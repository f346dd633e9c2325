-- ===== src/Engine/Outbox/Defs.antt =====
-- OutboxService.tick: pending events are claimed and become jobs of the queue, one for each event and
-- subscription that match. Ids are numbers; encrypted secrets and payloads are left as they are.
use bpm_new.Common.{
  ℕ, suc, Bool, true, false, ◌&&◌, ◌||◌, not, Option, none, some, List, [], ◌∷◌, Str, codes, str_eq,
  ◌==◌, leb, if◌then◌else◌, take, keep, any,
}
use bpm_new.Data.Chars.{trim}
use bpm_new.Data.Split.{split}
use bpm_new.Engine.Worker.Defs.{Job}
use bpm_new.Engine.Worker.Queue.{new_job, enqueue}

pub data OutboxStatus : Type 0 where
  pending dispatched failed : OutboxStatus

pub record OutboxEvent (V : Type 0) : Type 0 where
  pub id : ℕ
  pub tenant_id : ℕ
  pub process_id : Option ℕ
  pub instance_id : Option ℕ
  pub event_type : Str
  pub payload : V
  pub status : OutboxStatus
  pub created_at : ℕ
  pub dispatched_at : Option ℕ

pub record Subscription : Type 0 where
  pub id : ℕ
  pub tenant_id : ℕ
  pub process_id : Option ℕ
  pub url : Str
  pub event_types : Str
  pub secret : Str
  pub is_active : Bool

-- The input of a delivery job.
pub record Delivery (V : Type 0) : Type 0 where
  pub subscription_id : ℕ
  pub url : Str
  pub secret : Str
  pub event_id : ℕ
  pub event_type : Str
  pub event_tenant_id : ℕ
  pub event_process_id : Option ℕ
  pub event_instance_id : Option ℕ
  pub payload : V

abbrev pub dispatch_batch : ℕ
dispatch_batch = 25

abbrev pub dispatch_topic : Str
dispatch_topic = codes "webhook-dispatch"

abbrev pub is_pending : OutboxStatus → Bool
is_pending pending = true
is_pending _ = false

-- s.processId !== ev.processId
abbrev pub same_process : ℕ → Option ℕ → Bool
same_process p none = false
same_process p (some q) = q == p

abbrev pub in_scope : Option ℕ → Option ℕ → Bool
in_scope none process = true
in_scope (some p) process = same_process p process

abbrev pub trim_all : List Str → List Str
trim_all [] = []
trim_all (s ∷ ss) = trim s ∷ trim_all ss

unfoldable pub listens : Str → Str → Bool
unfolding split trim
listens event_types type =
    str_eq (trim event_types) (codes "*")
    || any (λ t. str_eq t type) (trim_all (split b',' event_types))

module _ {V : Type 0} where
  -- The subscriptions of the query, and the filter on them.
  unfoldable pub wants : OutboxEvent V → Subscription → Bool
  wants ev s =
      (s.tenant_id == ev.tenant_id && s.is_active)
      && in_scope s.process_id ev.process_id
      && listens s.event_types ev.event_type

  abbrev pub delivery : OutboxEvent V → Subscription → Delivery V
  delivery ev s = record {
    subscription_id = s.id;
    url = s.url;
    secret = s.secret;
    event_id = ev.id;
    event_type = ev.event_type;
    event_tenant_id = ev.tenant_id;
    event_process_id = ev.process_id;
    event_instance_id = ev.instance_id;
    payload = ev.payload;
  }

  -- ORDER BY "CREATED_AT" ASC
  unfoldable pub insert_oldest : OutboxEvent V → List (OutboxEvent V) → List (OutboxEvent V)
  insert_oldest a [] = a ∷ []
  insert_oldest a (b ∷ l) =
      if leb a.created_at b.created_at then a ∷ b ∷ l else b ∷ insert_oldest a l

  unfoldable pub oldest_first : List (OutboxEvent V) → List (OutboxEvent V)
  unfolding insert_oldest
  oldest_first [] = []
  oldest_first (a ∷ l) = insert_oldest a (oldest_first l)

  -- The CTE `claimed`. `locked` are the rows that other transactions hold.
  unfoldable pub claim_pending : (ℕ → Bool) → List (OutboxEvent V) → List (OutboxEvent V)
  unfolding oldest_first
  claim_pending locked events =
      take dispatch_batch
        (oldest_first (keep (λ e. is_pending e.status && not (locked e.id)) events))

  abbrev pub is_claimed : List (OutboxEvent V) → OutboxEvent V → Bool
  is_claimed claimed e = any (λ c. c.id == e.id) claimed

  abbrev pub mark_dispatched : ℕ → OutboxEvent V → OutboxEvent V
  mark_dispatched now e = record e { status = dispatched; dispatched_at = some now }

  unfoldable pub mark_all : List (OutboxEvent V) → ℕ → List (OutboxEvent V) → List (OutboxEvent V)
  mark_all claimed now [] = []
  mark_all claimed now (e ∷ es) =
      (if is_claimed claimed e then mark_dispatched now e else e) ∷ mark_all claimed now es

  -- A delivery job; the database gives its id.
  unfoldable pub delivery_job : ℕ → ℕ → OutboxEvent V → Subscription → Job (Delivery V)
  unfolding new_job
  delivery_job id now ev s =
      new_job id now ev.tenant_id (codes "webhook") dispatch_topic ev.instance_id none
        (some (delivery ev s)) (some 5) none

  -- The inner loop over the matching subscriptions, with the table of jobs and `jobsEnqueued`.
  unfoldable pub enqueue_each :
      (ℕ → ℕ)
      → ℕ
      → OutboxEvent V
      → List Subscription
      → List (Job (Delivery V)) × ℕ
      → List (Job (Delivery V)) × ℕ
  enqueue_each ids now ev [] state = state
  enqueue_each ids now ev (s ∷ ss) (jobs, enqueued) =
      enqueue_each ids now ev ss (enqueue (delivery_job (ids enqueued) now ev s) jobs, suc enqueued)

  -- The subscriptions are read for each event; `subs` gives the rows that the read for it finds.
  unfoldable pub dispatch_all :
      (ℕ → ℕ)
      → ℕ
      → (OutboxEvent V → List Subscription)
      → List (OutboxEvent V)
      → List (Job (Delivery V)) × ℕ
      → List (Job (Delivery V)) × ℕ
  dispatch_all ids now subs [] state = state
  dispatch_all ids now subs (ev ∷ evs) state =
      dispatch_all ids now subs evs (enqueue_each ids now ev (keep (wants ev) (subs ev)) state)

  -- `tick`: the table of events, the events that it claimed, the jobs, and how many it added. RETURNING
  -- gives the claimed rows in an order that SQL leaves open; `order` rearranges them.
  unfoldable pub dispatch_tick :
      (ℕ → ℕ)
      → (ℕ → Bool)
      → ℕ
      → (List (OutboxEvent V) → List (OutboxEvent V))
      → (OutboxEvent V → List Subscription)
      → List (OutboxEvent V)
      → List (Job (Delivery V))
      → List (OutboxEvent V) × List (OutboxEvent V) × (List (Job (Delivery V)) × ℕ)
  dispatch_tick ids locked now order subs events jobs =
      let due = claim_pending locked events in
      (mark_all due now events, due, dispatch_all ids now subs (order due) (jobs, 0))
##############################
- _About this exercise_:
Each entry above needs to be output exactly.

- _Solution to the exercise_:
repository f346dd633e9c2325
-- ===== src/Engine/Outbox/Defs.antt =====
-- OutboxService.tick: pending events are claimed and become jobs of the queue, one for each event and
-- subscription that match. Ids are numbers; encrypted secrets and payloads are left as they are.
use bpm_new.Common.{
  ℕ, suc, Bool, true, false, ◌&&◌, ◌||◌, not, Option, none, some, List, [], ◌∷◌, Str, codes, str_eq,
  ◌==◌, leb, if◌then◌else◌, take, keep, any,
}
use bpm_new.Data.Chars.{trim}
use bpm_new.Data.Split.{split}
use bpm_new.Engine.Worker.Defs.{Job}
use bpm_new.Engine.Worker.Queue.{new_job, enqueue}

pub data OutboxStatus : Type 0 where
  pending dispatched failed : OutboxStatus

pub record OutboxEvent (V : Type 0) : Type 0 where
  pub id : ℕ
  pub tenant_id : ℕ
  pub process_id : Option ℕ
  pub instance_id : Option ℕ
  pub event_type : Str
  pub payload : V
  pub status : OutboxStatus
  pub created_at : ℕ
  pub dispatched_at : Option ℕ

pub record Subscription : Type 0 where
  pub id : ℕ
  pub tenant_id : ℕ
  pub process_id : Option ℕ
  pub url : Str
  pub event_types : Str
  pub secret : Str
  pub is_active : Bool

-- The input of a delivery job.
pub record Delivery (V : Type 0) : Type 0 where
  pub subscription_id : ℕ
  pub url : Str
  pub secret : Str
  pub event_id : ℕ
  pub event_type : Str
  pub event_tenant_id : ℕ
  pub event_process_id : Option ℕ
  pub event_instance_id : Option ℕ
  pub payload : V

abbrev pub dispatch_batch : ℕ
dispatch_batch = 25

abbrev pub dispatch_topic : Str
dispatch_topic = codes "webhook-dispatch"

abbrev pub is_pending : OutboxStatus → Bool
is_pending pending = true
is_pending _ = false

-- s.processId !== ev.processId
abbrev pub same_process : ℕ → Option ℕ → Bool
same_process p none = false
same_process p (some q) = q == p

abbrev pub in_scope : Option ℕ → Option ℕ → Bool
in_scope none process = true
in_scope (some p) process = same_process p process

abbrev pub trim_all : List Str → List Str
trim_all [] = []
trim_all (s ∷ ss) = trim s ∷ trim_all ss

unfoldable pub listens : Str → Str → Bool
unfolding split trim
listens event_types type =
    str_eq (trim event_types) (codes "*")
    || any (λ t. str_eq t type) (trim_all (split b',' event_types))

module _ {V : Type 0} where
  -- The subscriptions of the query, and the filter on them.
  unfoldable pub wants : OutboxEvent V → Subscription → Bool
  wants ev s =
      (s.tenant_id == ev.tenant_id && s.is_active)
      && in_scope s.process_id ev.process_id
      && listens s.event_types ev.event_type

  abbrev pub delivery : OutboxEvent V → Subscription → Delivery V
  delivery ev s = record {
    subscription_id = s.id;
    url = s.url;
    secret = s.secret;
    event_id = ev.id;
    event_type = ev.event_type;
    event_tenant_id = ev.tenant_id;
    event_process_id = ev.process_id;
    event_instance_id = ev.instance_id;
    payload = ev.payload;
  }

  -- ORDER BY "CREATED_AT" ASC
  unfoldable pub insert_oldest : OutboxEvent V → List (OutboxEvent V) → List (OutboxEvent V)
  insert_oldest a [] = a ∷ []
  insert_oldest a (b ∷ l) =
      if leb a.created_at b.created_at then a ∷ b ∷ l else b ∷ insert_oldest a l

  unfoldable pub oldest_first : List (OutboxEvent V) → List (OutboxEvent V)
  unfolding insert_oldest
  oldest_first [] = []
  oldest_first (a ∷ l) = insert_oldest a (oldest_first l)

  -- The CTE `claimed`. `locked` are the rows that other transactions hold.
  unfoldable pub claim_pending : (ℕ → Bool) → List (OutboxEvent V) → List (OutboxEvent V)
  unfolding oldest_first
  claim_pending locked events =
      take dispatch_batch
        (oldest_first (keep (λ e. is_pending e.status && not (locked e.id)) events))

  abbrev pub is_claimed : List (OutboxEvent V) → OutboxEvent V → Bool
  is_claimed claimed e = any (λ c. c.id == e.id) claimed

  abbrev pub mark_dispatched : ℕ → OutboxEvent V → OutboxEvent V
  mark_dispatched now e = record e { status = dispatched; dispatched_at = some now }

  unfoldable pub mark_all : List (OutboxEvent V) → ℕ → List (OutboxEvent V) → List (OutboxEvent V)
  mark_all claimed now [] = []
  mark_all claimed now (e ∷ es) =
      (if is_claimed claimed e then mark_dispatched now e else e) ∷ mark_all claimed now es

  -- A delivery job; the database gives its id.
  unfoldable pub delivery_job : ℕ → ℕ → OutboxEvent V → Subscription → Job (Delivery V)
  unfolding new_job
  delivery_job id now ev s =
      new_job id now ev.tenant_id (codes "webhook") dispatch_topic ev.instance_id none
        (some (delivery ev s)) (some 5) none

  -- The inner loop over the matching subscriptions, with the table of jobs and `jobsEnqueued`.
  unfoldable pub enqueue_each :
      (ℕ → ℕ)
      → ℕ
      → OutboxEvent V
      → List Subscription
      → List (Job (Delivery V)) × ℕ
      → List (Job (Delivery V)) × ℕ
  enqueue_each ids now ev [] state = state
  enqueue_each ids now ev (s ∷ ss) (jobs, enqueued) =
      enqueue_each ids now ev ss (enqueue (delivery_job (ids enqueued) now ev s) jobs, suc enqueued)

  -- The subscriptions are read for each event; `subs` gives the rows that the read for it finds.
  unfoldable pub dispatch_all :
      (ℕ → ℕ)
      → ℕ
      → (OutboxEvent V → List Subscription)
      → List (OutboxEvent V)
      → List (Job (Delivery V)) × ℕ
      → List (Job (Delivery V)) × ℕ
  dispatch_all ids now subs [] state = state
  dispatch_all ids now subs (ev ∷ evs) state =
      dispatch_all ids now subs evs (enqueue_each ids now ev (keep (wants ev) (subs ev)) state)

  -- `tick`: the table of events, the events that it claimed, the jobs, and how many it added. RETURNING
  -- gives the claimed rows in an order that SQL leaves open; `order` rearranges them.
  unfoldable pub dispatch_tick :
      (ℕ → ℕ)
      → (ℕ → Bool)
      → ℕ
      → (List (OutboxEvent V) → List (OutboxEvent V))
      → (OutboxEvent V → List Subscription)
      → List (OutboxEvent V)
      → List (Job (Delivery V))
      → List (OutboxEvent V) × List (OutboxEvent V) × (List (Job (Delivery V)) × ℕ)
  dispatch_tick ids locked now order subs events jobs =
      let due = claim_pending locked events in
      (mark_all due now events, due, dispatch_all ids now subs (order due) (jobs, 0))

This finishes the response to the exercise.